Zum Auftakt des Deutschen Ärztetages hat der Chef der Barmer Ersatzkasse, Johannes Vöcking, vor einer Überdehnung des Gesundheitssystems gewarnt.

Hamburg. Zum Auftakt des Deutschen Ärztetages hat die Barmer Ersatzkasse vor einer Überdehnung des Gesundheitssystems gewarnt. "Wir alle wollen medizinischen Fortschritt. Es kann aber nicht sein, dass jedes neue Behandlungsverfahren, jedes neue Medikament immer zusätzlich in unser System kommt", sagte Barmer-Chef Johannes Vöcking dem Hamburger Abendblatt. "Vielmehr muss man prüfen, welche Leistungen dadurch überholt sind und herausgenommen werden können." Vöcking betonte: "Bevor nach mehr Geld für medizinische Behandlung oder gar einer Abstaffelung von Leistungen gerufen wird, sollten die Ärzte über eine Entrümpelung des Systems diskutieren."

Vöcking wies auch die Kritik der Ärzte an der Honorarreform zurück. "Bei den Ärztehonoraren beispielsweise ist ein Stück Gerechtigkeit entstanden zwischen Ost und West", sagte er. "Es ist doch nicht vertretbar, dass wir 20 Jahre nach dem Mauerfall immer noch Honorarunterschiede von 20 Prozent zwischen alten und neuen Bundesländern haben.
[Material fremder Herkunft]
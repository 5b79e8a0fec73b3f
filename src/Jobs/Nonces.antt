-- ===== src/Jobs/Nonces.antt =====
-- `consume_nonce` of `MemoryJobStore`: a nonce counts once within ten minutes.
use lil_tweak.Prelude.{
  ℕ, ◌+◌, ◌<◌, ◌≡◌, Bool, true, false, ◌||◌, String, some, none, List, [], ◌∷◌, ltb, if◌then◌else◌,
  string_Eq, pair_Eq, pair_beq_iff, arith,
}
use lil_tweak.Prelude.Text.{is_blank}
use lil_tweak.Prelude.Table.{Table, get, put, get-put, get-put_self}
use lil_tweak.Jobs.Model.{JobStore}

-- The nonces that were consumed after `now - 600`.
unfoldable pub recent : ℕ → Table (String × String) ℕ → Table (String × String) ℕ
recent now [] = []
recent now ((k, consumed_at) ∷ t) =
    let rest = recent now t in if ltb now (consumed_at + 600) then (k, consumed_at) ∷ rest else rest

-- `now` and `later` are the clock's readings before and after the search.
unfoldable pub consume_nonce : String → String → ℕ → ℕ → JobStore → Bool × JobStore
consume_nonce key_id nonce now later s =
    if is_blank key_id || is_blank nonce
    then (false, s)
    else elim (get {K = String × String} (key_id, nonce) (recent now s.nonces)) [
      | some _ ↦ (false, record s { nonces = recent now s.nonces })
      | none ↦ (
        true,
        record s { nonces = put {K = String × String} (key_id, nonce) later (recent now s.nonces) },
      )
    ]

recent-get :
    (k : String × String) (now at : ℕ) (t : Table (String × String) ℕ)
    → get k t ≡ some at
    → now < at + 600
    → get k (recent now t) ≡ some at
unfolding get recent
recent-get k now at [] h fresh = cc h
recent-get k now at ((j, a) ∷ t) h fresh = ground (arith, recent-get k now at t, h, fresh)

-- A call of `consume_nonce`: key, nonce and the two readings of the clock.
abbrev pub NonceCall : Type 0
NonceCall = String × String × ℕ × ℕ

unfoldable pub consume_all : List NonceCall → JobStore → JobStore
consume_all [] s = s
consume_all ((key_id, nonce, now, later) ∷ calls) s =
    consume_all calls (consume_nonce key_id nonce now later s).1

-- Every call is made before this time.
abbrev pub IsBefore : ℕ → List NonceCall → Type 0
IsBefore end [] = Unit
IsBefore end ((key_id, nonce, now, later) ∷ calls) = (now < end) × IsBefore end calls

consume-keeps :
    (key_id nonce : String) (k : String × String) (now later at : ℕ) (s : JobStore)
    → get k s.nonces ≡ some at
    → now < at + 600
    → get k (consume_nonce key_id nonce now later s).1.nonces ≡ some at
unfolding consume_nonce
consume-keeps key_id nonce k now later at s h fresh =
    let kept = recent-get k now at s.nonces h fresh in
    ground (
      arith,
      kept,
      h,
      pair_beq_iff (key_id, nonce) k,
      get-put {K = String × String} (key_id, nonce) k later (recent now s.nonces),
    )

consume-held :
    (key_id nonce : String) (now later at : ℕ) (s : JobStore)
    → get {K = String × String} (key_id, nonce) s.nonces ≡ some at
    → now < at + 600
    → (consume_nonce key_id nonce now later s).0 ≡ false
unfolding consume_nonce
consume-held key_id nonce now later at s h fresh =
    let kept = recent-get (key_id, nonce) now at s.nonces h fresh in ground (arith, kept)

consumed_at :
    (key_id nonce : String) (now later : ℕ) (s : JobStore)
    → (consume_nonce key_id nonce now later s).0 ≡ true
    → get {K = String × String} (key_id, nonce) (consume_nonce key_id nonce now later s).1.nonces
      ≡ some later
unfolding consume_nonce
consumed_at key_id nonce now later s h =
    ground
      (arith, h, get-put_self {K = String × String} (key_id, nonce) later (recent now s.nonces))

consume_all-keeps :
    (calls : List NonceCall) (k : String × String) (at : ℕ) (s : JobStore)
    → get k s.nonces ≡ some at
    → IsBefore (at + 600) calls
    → get k (consume_all calls s).nonces ≡ some at
unfolding consume_all
consume_all-keeps [] k at s h b = h
consume_all-keeps ((key_id, nonce, now, later) ∷ calls) k at s h b =
    consume_all-keeps calls k at (consume_nonce key_id nonce now later s).1
      (consume-keeps key_id nonce k now later at s h b.0) b.1

-- A nonce that `consume_nonce` accepted is refused by every later call made less than 600 ticks after the time at which it was stored, whatever nonces are consumed in between within that time.
pub nonce_is_single_use :
    (key_id nonce : String) (now later now' later' : ℕ) (calls : List NonceCall) (s : JobStore)
    → (consume_nonce key_id nonce now later s).0 ≡ true
    → IsBefore (later + 600) calls
    → now' < later + 600
    → (consume_nonce key_id nonce now' later'
        (consume_all calls (consume_nonce key_id nonce now later s).1)).0
      ≡ false
nonce_is_single_use key_id nonce now later now' later' calls s accepted before soon =
    consume-held key_id nonce now' later' later
      (consume_all calls (consume_nonce key_id nonce now later s).1)
      (consume_all-keeps calls (key_id, nonce) later (consume_nonce key_id nonce now later s).1
        (consumed_at key_id nonce now later s accepted) before)
      soon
Der Orthopäde in Düsseldorf ist kein besserer Arzt als der Orthopäde in Leipzig."

Das Bundesgesundheitsministerium hat den Kassenpatienten zugesagt, dass sie auch künftig alle notwendigen medizinischen Leistungen von der Krankenkasse bekommen sollen. „Wir wollen, dass auch in Zukunft alle am medizinischen Fortschritt teilnehmen, auch wenn sie keine Privatversicherung abgeschlossen haben“, sagte Gesundheits-Staatssekretär Klaus Theo Schröder beim Ärztetag in Mainz. Das deutsche Gesundheitswesen habe dies bisher geleistet, „und wird dies auch in Zukunft leisten“.

Damit wandte sich Schröder gegen Klagen der Ärzteschaft über eine „Rationierung“ in der Gesundheitsversorgung. Der Staatssekretär verwies auf zusätzliche Mittel im Gesundheitsfonds, darauf, dass Deutschland rund elf Prozent des Bruttoinlandsprodukts für Gesundheit ausgebe und auf eine überdurchschnittliche Ärztedichte in der Bundesrepublik. „Da kann niemand behaupten, wir hätten ein Rationierungsproblem“, sagte Schröder.

Moderne Leistungen von der Herzverpflanzung bis zur Dialyse würden selbstverständlich für alle bezahlt. Und mit der jüngsten Gesundheitsreform seien einige Leistungen noch ausgeweitet worden, zum Beispiel Impfungen und eine bessere Versorgung Sterbender.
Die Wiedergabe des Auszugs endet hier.